Directions: Could you copy out every line of the data where the word "next" occurs?

Recorded information:
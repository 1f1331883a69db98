-- ===== src/Source/Leak.antt =====
-- Streams that pal-source.c loses, and what it does with the handle that is left.
use mathlib.Core.Path.{subst, sym, ap}
use audioreach_pulseaudio_pl.Sink.{SinkStates}
use audioreach_pulseaudio_pl.Formats.{Encoding}
use audioreach_pulseaudio_pl.Pal.Live.{live}
use audioreach_pulseaudio_pl.Source.Reconfigure.{restart_pal_source}
use audioreach_pulseaudio_pl.Channel.{ChannelMap}
use audioreach_pulseaudio_pl.Source.{
  Source, SourceData, freed, open_pal_source, source_start, set_source_state,
}
use audioreach_pulseaudio_pl.Source.Steps.{
  Reach, here, next, Step, change_format, change_port, change_state, change_volume,
}
use audioreach_pulseaudio_pl.Sink.Rates.{SampleSpec}
use audioreach_pulseaudio_pl.Base.{
  Bool, [], failed, false, mem, pos, refl, some, true, ℕ, ◌∷◌, ◌≡◌, Option, arith, none, ℤ, ◌∙◌,
}
use audioreach_pulseaudio_pl.Pal.{History, Pal, PalFormats, stream_open, stream_set_buffer_size}

abbrev Unchanged : Bool → History → Option (ℤ × SourceData × History) → Type 0
Unchanged o t none = Unit {0}
Unchanged o t (some (r, d, t')) = (d ≡ freed o) × (t' ≡ t)

freed-Unchanged :
    (p : Pal) (st : SinkStates) (a b : ℕ) (o : Bool) (t : History)
    → Unchanged o t (set_source_state p st a b (freed o) t)
unfolding set_source_state
freed-Unchanged p st a b o t = ground arith

freed-Step :
    (p : Pal) (st : SinkStates) (o : Bool) (d : SourceData) (t : History) {d' : SourceData}
    {t' : History}
    → Step p st d t d' t'
    → d ≡ freed o
    → (d' ≡ freed o) × (t' ≡ t)
freed-Step p st o d t (change_state a b r e) q = subst (Unchanged o t) e (
    subst (λ x. Unchanged o t (set_source_state p st a b x t)) (sym q)
      (freed-Unchanged p st a b o t))
freed-Step p st o d t (change_port state port active port' active' r s g e) q = absurd (cc)
freed-Step p st o d t (change_format formats u metadata avoid spec ps ps' s g c e) q = absurd (cc)
freed-Step p st o d t (change_volume u g is_running v v' s c e) q = absurd (cc)

-- A source whose data was freed takes no step that changes anything.
freed-stays :
    (p : Pal) (st : SinkStates) (o : Bool) (t : History) {d' : SourceData} {t' : History}
    → Reach p st (freed o) t d' t'
    → (d' ≡ freed o) × (t' ≡ t)
freed-stays p st o t here = (refl, refl)
freed-stays p st o t (next {d1 = d1} {t1 = t1} r step) =
    let before = freed-stays p st o t r in
    let k = freed-Step p st o d1 t1 step before.0 in (k.0, k.1 ∙ before.1)

-- What PAL answers to the buffer size of the stream that a start opens.
abbrev pub size_answer : Pal → Source → History → ℤ
size_answer p s t =
    p.rc (stream_open s.stream_attributes (s.pal_device ∷ []) ∷ t)
      (stream_set_buffer_size (some (p.handle t)) s.buffer_size s.buffer_count)

start_frees :
    (p : Pal) (s : Source) (t : History)
    → s.standby ≡ true
    → s.pal_source_opened ≡ false
    → failed (p.rc t (stream_open s.stream_attributes (s.pal_device ∷ []))) ≡ false
    → failed (size_answer p s t) ≡ true
    → (source_start p s t ≡ (size_answer p s t, freed true, (open_pal_source p s t).2))
      × (mem (p.handle t) (live p (open_pal_source p s t).2) ≡ true)
unfolding source_start open_pal_source
start_frees p s t a b c e = ground arith

-- A source in standby whose stream opens but whose buffer size PAL refuses loses the stream: the start
-- returns PAL's refusal of the size and frees the source's data, and the stream stays open under every sequence of
-- later requests.
pub start_leaks :
    (p : Pal) (st : SinkStates) (s : Source) (t : History) {d' : SourceData} {t' : History}
    → s.standby ≡ true
    → s.pal_source_opened ≡ false
    → failed (p.rc t (stream_open s.stream_attributes (s.pal_device ∷ []))) ≡ false
    → failed (size_answer p s t) ≡ true
    → Reach p st (source_start p s t).1 (source_start p s t).2 d' t'
    → ((source_start p s t).0 ≡ size_answer p s t)
      × (d' ≡ freed true)
      × (mem (p.handle t) (live p t') ≡ true)
unfolding source_start open_pal_source
start_leaks p st s t {d' = d'} {t' = t'} a b c e r =
    let f = start_frees p s t a b c e in
    let k =
      freed-stays p st true (open_pal_source p s t).2
        (subst (λ (x : ℤ × SourceData × History). Reach p st x.1 x.2 d' t') f.0 r) in
    (
      ap (λ (x : ℤ × SourceData × History). x.0) f.0,
      k.0,
      ap (λ (u : History). mem (p.handle t) (live p u)) k.1 ∙ f.1,
    )

-- A source in standby that is already opened, as a first new format leaves it, loses its stream at a
-- second one that succeeds: the stream stays open, and the source holds another.
pub restart_leaks :
    (p : Pal) (formats : PalFormats) (metadata avoid h : ℕ) (e : Encoding) (ss : SampleSpec)
    (map : ChannelMap) (s s' : Source) (t t' : History)
    → s.standby ≡ true
    → s.stream_handle ≡ some h
    → mem h (live p t) ≡ true
    → restart_pal_source p formats metadata avoid e ss map s t ≡ some (pos 0, s', t')
    → (s'.stream_handle ≡ some (p.handle t)) × (mem h (live p t') ≡ true)
unfolding restart_pal_source open_pal_source
restart_leaks p formats metadata avoid h e ss map s s' t t' a b c q = ground arith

Answer for this exercise:
  Reach, here, next, Step, change_format, change_port, change_state, change_volume,
freed-stays p st o t (next {d1 = d1} {t1 = t1} r step) =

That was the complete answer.